Self-reliant and a critical thinker wanting to redefine and reform the African-American mind.
This is how Cubs The Poet describes Cubs The Poet on Cubs The Poet’s Bandcamp page. Born Christian Davenport, the rapper’s story, according to a 2013 article in this very paper, goes a little like this: With one year left before completing a degree in psychology at Dillard University in New Orleans, he bailed, returning to Frederick to pursue his dream of being a poet. He gave himself six months and if he couldn’t work out his own financial stability, he said he would return to school.
College degree or not, he still managed to release August’s “The African Genius,” a seven-song mixtape of sorts that is as vague as it is promising, as lazy as it is frustrating. With only one song eclipsing the three-minute mark, each track feels like little more than a tease, which is fine in the mixtape world, but as for it being anything remotely close to a proper showcase for a self-reliant, critical-thinking mind …

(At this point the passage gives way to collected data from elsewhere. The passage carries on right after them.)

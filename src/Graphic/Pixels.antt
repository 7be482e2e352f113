-- ===== src/Graphic/Pixels.antt =====
-- Where kernel/driver/graphic.c draws.
use omocha_os.Base.{
  ℕ, zero, suc, ◌+◌, ◌*◌, ◌/◌, ◌%◌, ◌^◌, ◌<◌, ◌≤◌, ◌≡◌, ◌≢◌, refl, ◌∙◌, arith, if◌then◌else◌, ◌==◌,
}
use native.Mathlib.Nat.{mul-le-mul_right}
use omocha_os.Core.Process.{update}
use omocha_os.Graphic.{Display, put_bits, put_bitmap, cell, draw, fill_gap}

put_bits-behind :
    (n : ℕ) (fb : ℕ → ℕ) (addr c x fg bg a end : ℕ)
    → addr + x + n ≤ end
    → end ≤ a
    → put_bits n fb addr c x fg bg a ≡ fb a
unfolding put_bits
put_bits-behind zero fb addr c x fg bg a end h k = refl
put_bits-behind (suc n) fb addr c x fg bg a end h k =
    let p = if c / 2 ^ x % 2 == 0 then bg else fg in
    put_bits-behind n (update fb (addr + x) p) addr c (x + 1) fg bg a end (omega arith) k
    ∙ ground arith

-- `rows` rows of 8 pixels that end before `end`.
put_bitmap-behind :
    (rows : ℕ) (fb : ℕ → ℕ) (addr width_pitch : ℕ) (bitmap : ℕ → ℕ) (y fg bg a end : ℕ)
    → addr + rows * (width_pitch / 4) + 8 ≤ end + width_pitch / 4
    → end ≤ a
    → put_bitmap rows fb addr width_pitch bitmap y fg bg a ≡ fb a
unfolding put_bitmap
put_bitmap-behind zero fb addr width_pitch bitmap y fg bg a end h k = refl
put_bitmap-behind (suc n) fb addr width_pitch bitmap y fg bg a end h k =
    put_bitmap-behind n (put_bits 8 fb addr (bitmap y) 0 fg bg) (addr + width_pitch / 4) width_pitch
      bitmap (y + 1) fg bg a end (grind arith) k
    ∙ put_bits-behind 8 fb addr (bitmap y) 0 fg bg a end (grind arith) k

-- The text lies in the frame buffer, whose rows follow one another without a gap.
pub record IsFitting (d : Display) : Type 0 where
  pub pitch : d.disp_pitch / 4 ≡ d.disp_width
  pub across : d.char_width * 9 ≤ d.disp_width
  pub down : d.char_height * 13 ≤ d.disp_height
  pub start : d.char_y_start < d.char_height
  pub some_column : 0 < d.char_width

module _ {d : Display} (fits : IsFitting d) (x y : ℕ) (hx : x < d.char_width)
    (hy : y < d.char_height) where
  row_end : y * 13 * d.disp_width + 13 * d.disp_width ≤ d.disp_height * d.disp_width
  row_end =
      let rows : y * 13 + 13 ≤ d.disp_height = omega (arith, fits.down, hy) in
      let all = mul-le-mul_right d.disp_width rows in grind arith

  pub draw-behind :
      (fb : ℕ → ℕ) (bitmap : ℕ → ℕ) (fg bg a : ℕ)
      → d.disp_height * d.disp_width ≤ a
      → draw d fb x y bitmap fg bg a ≡ fb a
  unfolding draw
  draw-behind fb bitmap fg bg a h =
      put_bitmap-behind 13 fb (cell d x y) d.disp_pitch bitmap 0 fg bg a
        (d.disp_height * d.disp_width) (omega (arith, row_end, fits.pitch, fits.across, hx)) h

  pub fill_gap-behind :
      (n i : ℕ) (fb : ℕ → ℕ) (bg a : ℕ)
      → i + n ≤ 13
      → d.disp_height * d.disp_width ≤ a
      → fill_gap n d fb x y i bg a ≡ fb a
  unfolding fill_gap
  fill_gap-behind zero i fb bg a k h = refl
  fill_gap-behind (suc n) i fb bg a k h =
      let row : d.disp_width * i + d.disp_width ≤ 13 * d.disp_width =
        let last : i + 1 ≤ 13 = omega arith in
        let all = mul-le-mul_right d.disp_width last in grind arith in
      let other : a ≢ cell d x y + d.disp_width * i + 8 =
        λ e. omega (arith, row, row_end, fits.across, hx, e) in
      fill_gap-behind n (i + 1) (update fb (cell d x y + d.disp_width * i + 8) bg) bg a
        (omega arith) h
      ∙ ground (arith, other)
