-- ===== src/Graphic/Screen.antt =====
-- The cursor and the frame buffer of kernel/driver/graphic.c while text is printed.
use omocha_os.Base.{
  ℕ, ◌-◌, ◌*◌, ◌<◌, ◌≤◌, ◌≡◌, ◌≢◌, refl, ap, sym, append_assoc, ◌∙◌, false, not, ◌==◌, ◌&&◌, ltb,
  List, [], ◌∷◌, Bool-cases, inl, inr, if◌then◌else◌, arith, ℕ_discrete, ◌++◌,
}
use mathlib.Core.List.{reverse, reverse-cons}
use omocha_os.Graphic.{Display, Console, glyph_of, draw, kputc_color_xy, kputc_color, print}
use omocha_os.Graphic.Pixels.{IsFitting, draw-behind, fill_gap-behind}

-- The cursor is in the text.
pub record IsInside (d : Display) (s : Console) : Type 0 where
  pub column : s.char_x < d.char_width
  pub row : s.char_y < d.char_height

-- Nothing behind the frame buffer is changed.
abbrev pub SameBehind : Display → (fb fb' : ℕ → ℕ) → Type 0
SameBehind d fb fb' = (a : ℕ) → d.disp_height * d.disp_width ≤ a → fb' a ≡ fb a

kputc_color-IsInside :
    {d : Display} (fits : IsFitting d) (s : Console) (c fg bg : ℕ)
    → IsInside d s
    → IsInside d (kputc_color d s c fg bg)
unfolding kputc_color
kputc_color-IsInside fits s c fg bg w = record {
  column = ground (arith, fits.some_column, w.column);
  row = ground (arith, fits.start, w.row);
}

differ : (a b : ℕ) → a ≢ b → (a == b) ≡ false
differ a b h = ground (arith, h)

kputc_color-SameBehind :
    {d : Display} (fits : IsFitting d) (s : Console) (c fg bg : ℕ)
    → IsInside d s
    → SameBehind d s.fb (kputc_color d s c fg bg).fb
unfolding kputc_color kputc_color_xy
kputc_color-SameBehind {d} fits s c fg bg w a h = elim (ℕ_discrete c 10) [
  | yes line ↦ ground (arith, line)
  | no other ↦ elim (ℕ_discrete c 8) [
    | yes back ↦
        let x = if s.char_x == 0 then d.char_width - 1 else s.char_x - 1 in
        let y = if (s.char_x == 0) && not (s.char_y == 0) then s.char_y - 1 else s.char_y in
        let same =
          draw-behind fits x y (ground (arith, w.column)) (ground (arith, w.row)) s.fb (d.font 0) fg
            bg a h in
        ground (arith, other, back, same)
    | no plain ↦
        let bitmap = if ltb 95 (glyph_of c) then d.font_block else d.font (glyph_of c) in
        let drawn = draw d s.fb s.char_x s.char_y bitmap fg bg in
        let same = draw-behind fits s.char_x s.char_y w.column w.row s.fb bitmap fg bg a h in
        let gap =
          fill_gap-behind fits s.char_x s.char_y w.column w.row 13 0 drawn bg a (omega arith) h in
        let line : (c == 10) ≡ false = differ c 10 other in
        let back : (c == 8) ≡ false = differ c 8 plain in
        elim (Bool-cases (bg == 0)) [
          | inl none ↦ rw line (rw back (rw none same))
          | inr filled ↦ rw line (rw back (rw filled (gap ∙ same)))
        ]
  ]
]

kputc_color-serial :
    (d : Display) (s : Console) (c fg bg : ℕ) → (kputc_color d s c fg bg).serial ≡ c ∷ s.serial
unfolding kputc_color
kputc_color-serial d s c fg bg = ground arith

-- On a display whose columns and rows of characters fit its pixels, rows without a gap, whose first
-- row of text is one of its rows and which has a column, any text leaves the cursor inside, changes
-- nothing behind the frame buffer, and is sent to the serial port, byte by byte.
pub print-IsInside :
    {d : Display} (fits : IsFitting d) (s : Console) (cs : List ℕ) (fg bg : ℕ)
    → IsInside d s
    → IsInside d (print d s cs fg bg)
      × SameBehind d s.fb (print d s cs fg bg).fb
      × ((print d s cs fg bg).serial ≡ reverse cs ++ s.serial)
unfolding print
print-IsInside fits s [] fg bg w = (w, (λ a h. refl), refl)
print-IsInside {d} fits s (c ∷ cs) fg bg w =
    let next = kputc_color d s c fg bg in
    let (inside, same, sent) =
      print-IsInside fits next cs fg bg (kputc_color-IsInside fits s c fg bg w) in
    (
      inside,
      (λ a h. same a h ∙ kputc_color-SameBehind fits s c fg bg w a h),
      sent
          ∙ ap (λ (l : List ℕ). reverse cs ++ l) (kputc_color-serial d s c fg bg)
          ∙ sym (append_assoc (reverse cs) (c ∷ []) s.serial)
          ∙ ap (λ (l : List ℕ). l ++ s.serial) (sym (reverse-cons c cs)),
    )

… Well, that’s another story.
Perhaps the most revealing track is the first, “Waiting For.” Anchored by a solid hook — “Shootin’ in the dark/ That’s what it feels like/ Even though I’m left-handed/ It never feels right” — it’s the only time throughout all of “The African Genius” that Cubs seems to willingly stand front and center. His two verses are serviceable, and the laid-back beat fits his flow nicely, but the track’s lone achievement is making the listener beg for more. Which is a problem, of course, if that more doesn’t come.
And it doesn’t.
“The Stepover” samples Allen Iverson’s reflection on his near-legendary decision to literally step over Los Angeles Laker Tyronn Lue after nailing a long-distance jump shot in Game 1 of the 2001 NBA Finals. A fun way for hoop-heads to remember The Answer’s glare at his opponent? Of course. A true indication of how skilled or unskilled Cubs The Poet might be? Not a chance. His lone verse runs 31 seconds. The rest of the track is the same snippet of dialogue on a loop. “Schoolboy Q became the man of the year/ So I dropped out of school to be the man every year,” Cubs proclaims, yet he does little to back it up.
Ditto for “Janet Jackson” and “Be a Man,” two songs bogged down by movie quotes and spliced-in dialogue. The former utilizes Chris Tucker’s Smokey from 1995’s “Friday,” while the latter goes all “Forrest Gump” on it. Over. And over. And over again. Still, it’s the better of the two, if only for its dual movement approach. Split into two sections, the first half succeeds with a retrofitted hip-hop groove accentuated by the jazzy horns that actually give the song a bit of much-needed atmosphere. It’s a cool throwback that grants the production credibility, even if the beat is forced to lay buried underneath Jenny reprimanding Forrest.
The most disappointing moment comes in the form of “Sallie May Not.” A clear attempt at a made-for-pop-radio slow jam (as the kids say), it feels generic, an almost too-blatant stretch for stardom that recalls the most uninteresting side of someone like J. Cole. Even worse is its willingness to fall into hip-hop cliches. “I love them and I like them and we rolled up and we lightin,’” Cubs explains before leaning far too hard and far too often on his payoff lines: “Everything has changed/ Everything has changed” and “I no longer care/ I’m no longer there.” For someone who says he wants to redefine and reform the African-American mind, such locution comes off as lethargic and small-minded.
And truth be told, that’s the unmistakable conflict of “The African Genius.” It’s just not enough. If you’re going to advertise yourself as a critical thinker and drop out of school to be a professional poet (whatever that even means anymore), then you simply have to be more thought-provoking than Cubs The Poet is here, even when he’s at his best. Sure, he shows glimpses of potential if you look hard enough, but none of those offset the distance between expectation and reality.
Or, perhaps more tellingly, none of those glimpses ever seem to reconcile the difference between Christian Davenport The Person and Cubs The Poet.